(EXERCISE GOAL): Below are some records. Repeat exactly the lines from the one containing "-- A tick that the" through the final line.

(DATASET):
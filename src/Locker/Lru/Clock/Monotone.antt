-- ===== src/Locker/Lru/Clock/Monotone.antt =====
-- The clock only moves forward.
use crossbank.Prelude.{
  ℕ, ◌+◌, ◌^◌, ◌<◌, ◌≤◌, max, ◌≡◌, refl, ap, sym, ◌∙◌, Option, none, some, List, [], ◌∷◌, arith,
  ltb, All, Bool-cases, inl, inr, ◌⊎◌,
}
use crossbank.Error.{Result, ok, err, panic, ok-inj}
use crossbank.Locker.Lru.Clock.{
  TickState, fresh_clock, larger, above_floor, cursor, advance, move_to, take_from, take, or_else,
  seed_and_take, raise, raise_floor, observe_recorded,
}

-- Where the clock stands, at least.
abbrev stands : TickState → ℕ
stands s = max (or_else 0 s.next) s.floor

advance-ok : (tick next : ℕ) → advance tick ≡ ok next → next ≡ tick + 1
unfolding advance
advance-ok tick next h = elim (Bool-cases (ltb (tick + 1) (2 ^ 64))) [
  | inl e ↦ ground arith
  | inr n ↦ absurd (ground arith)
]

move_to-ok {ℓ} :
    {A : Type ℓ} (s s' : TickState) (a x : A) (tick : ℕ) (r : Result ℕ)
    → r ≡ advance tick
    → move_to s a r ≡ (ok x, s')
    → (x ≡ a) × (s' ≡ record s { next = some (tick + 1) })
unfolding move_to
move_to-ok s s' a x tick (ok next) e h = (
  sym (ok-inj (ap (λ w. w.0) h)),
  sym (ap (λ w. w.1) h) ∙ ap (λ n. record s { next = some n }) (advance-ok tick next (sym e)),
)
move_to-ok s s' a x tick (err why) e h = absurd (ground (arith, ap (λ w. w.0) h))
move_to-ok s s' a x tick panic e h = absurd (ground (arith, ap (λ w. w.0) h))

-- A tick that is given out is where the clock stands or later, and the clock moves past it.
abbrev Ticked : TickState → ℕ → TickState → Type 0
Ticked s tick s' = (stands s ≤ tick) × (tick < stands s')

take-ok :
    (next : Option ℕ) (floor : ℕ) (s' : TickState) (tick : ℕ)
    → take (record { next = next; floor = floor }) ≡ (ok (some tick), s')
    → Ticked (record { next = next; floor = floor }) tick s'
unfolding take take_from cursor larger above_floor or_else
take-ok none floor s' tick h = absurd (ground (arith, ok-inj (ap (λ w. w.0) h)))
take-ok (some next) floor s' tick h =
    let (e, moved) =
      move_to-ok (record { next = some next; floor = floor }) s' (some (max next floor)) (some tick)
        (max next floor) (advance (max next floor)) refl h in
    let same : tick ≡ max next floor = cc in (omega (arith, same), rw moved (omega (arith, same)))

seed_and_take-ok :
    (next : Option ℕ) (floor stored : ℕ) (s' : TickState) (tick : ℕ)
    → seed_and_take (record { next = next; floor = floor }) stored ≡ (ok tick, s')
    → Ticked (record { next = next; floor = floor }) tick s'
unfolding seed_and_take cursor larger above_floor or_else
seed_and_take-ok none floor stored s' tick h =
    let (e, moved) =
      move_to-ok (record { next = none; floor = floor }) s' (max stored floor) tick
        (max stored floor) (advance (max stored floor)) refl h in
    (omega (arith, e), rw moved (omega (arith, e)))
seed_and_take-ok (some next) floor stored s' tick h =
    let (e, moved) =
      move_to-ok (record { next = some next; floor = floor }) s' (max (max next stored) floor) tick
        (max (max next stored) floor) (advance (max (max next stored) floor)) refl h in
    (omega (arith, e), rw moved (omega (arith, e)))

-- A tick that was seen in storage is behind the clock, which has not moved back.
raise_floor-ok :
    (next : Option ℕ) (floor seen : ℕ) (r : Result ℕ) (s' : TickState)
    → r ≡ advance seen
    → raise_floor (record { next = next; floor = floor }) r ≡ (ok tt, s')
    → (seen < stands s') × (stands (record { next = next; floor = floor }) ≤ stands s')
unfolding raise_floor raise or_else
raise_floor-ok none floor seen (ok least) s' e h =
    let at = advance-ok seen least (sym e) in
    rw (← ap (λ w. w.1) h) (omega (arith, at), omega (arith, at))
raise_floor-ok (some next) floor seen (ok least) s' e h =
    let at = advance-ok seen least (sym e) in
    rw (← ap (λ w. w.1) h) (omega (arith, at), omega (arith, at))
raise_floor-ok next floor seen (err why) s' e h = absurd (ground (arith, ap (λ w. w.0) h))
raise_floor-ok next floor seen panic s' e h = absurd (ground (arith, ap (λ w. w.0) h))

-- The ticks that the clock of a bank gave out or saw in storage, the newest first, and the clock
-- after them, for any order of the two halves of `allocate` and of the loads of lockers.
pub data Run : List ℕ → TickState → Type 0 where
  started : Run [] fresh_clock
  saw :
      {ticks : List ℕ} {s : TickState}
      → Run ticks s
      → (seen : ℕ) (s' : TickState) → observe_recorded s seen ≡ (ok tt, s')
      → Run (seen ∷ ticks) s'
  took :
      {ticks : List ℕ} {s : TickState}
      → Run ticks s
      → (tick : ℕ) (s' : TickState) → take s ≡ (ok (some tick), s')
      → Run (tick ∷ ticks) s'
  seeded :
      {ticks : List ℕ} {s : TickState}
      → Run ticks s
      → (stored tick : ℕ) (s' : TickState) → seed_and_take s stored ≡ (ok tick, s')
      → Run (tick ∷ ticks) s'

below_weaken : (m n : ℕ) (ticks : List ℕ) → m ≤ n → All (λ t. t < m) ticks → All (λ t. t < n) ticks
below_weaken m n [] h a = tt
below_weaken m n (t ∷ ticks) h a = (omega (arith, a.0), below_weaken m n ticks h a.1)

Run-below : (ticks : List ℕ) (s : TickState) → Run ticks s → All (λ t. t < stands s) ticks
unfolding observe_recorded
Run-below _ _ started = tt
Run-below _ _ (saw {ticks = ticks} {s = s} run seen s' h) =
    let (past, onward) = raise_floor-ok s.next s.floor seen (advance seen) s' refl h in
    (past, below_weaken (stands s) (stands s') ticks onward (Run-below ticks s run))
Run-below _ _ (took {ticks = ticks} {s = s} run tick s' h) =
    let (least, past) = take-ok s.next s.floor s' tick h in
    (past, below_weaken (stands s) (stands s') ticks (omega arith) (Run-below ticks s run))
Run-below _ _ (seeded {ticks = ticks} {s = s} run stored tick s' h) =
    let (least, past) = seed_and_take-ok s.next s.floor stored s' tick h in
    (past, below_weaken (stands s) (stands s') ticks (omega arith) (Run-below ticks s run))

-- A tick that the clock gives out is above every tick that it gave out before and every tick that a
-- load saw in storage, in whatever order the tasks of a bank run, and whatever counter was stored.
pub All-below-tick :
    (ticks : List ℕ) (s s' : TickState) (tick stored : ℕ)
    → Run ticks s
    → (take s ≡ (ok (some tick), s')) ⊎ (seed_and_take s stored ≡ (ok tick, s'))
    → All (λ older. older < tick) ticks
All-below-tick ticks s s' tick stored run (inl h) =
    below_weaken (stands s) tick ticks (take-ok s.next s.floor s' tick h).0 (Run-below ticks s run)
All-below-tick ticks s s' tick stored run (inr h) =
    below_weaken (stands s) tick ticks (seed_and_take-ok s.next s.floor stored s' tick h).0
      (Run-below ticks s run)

(ANSWER):
-- A tick that the clock gives out is above every tick that it gave out before and every tick that a
-- load saw in storage, in whatever order the tasks of a bank run, and whatever counter was stored.
pub All-below-tick :
    (ticks : List ℕ) (s s' : TickState) (tick stored : ℕ)
    → Run ticks s
    → (take s ≡ (ok (some tick), s')) ⊎ (seed_and_take s stored ≡ (ok tick, s'))
    → All (λ older. older < tick) ticks
All-below-tick ticks s s' tick stored run (inl h) =
    below_weaken (stands s) tick ticks (take-ok s.next s.floor s' tick h).0 (Run-below ticks s run)
All-below-tick ticks s s' tick stored run (inr h) =
    below_weaken (stands s) tick ticks (seed_and_take-ok s.next s.floor stored s' tick h).0
      (Run-below ticks s run)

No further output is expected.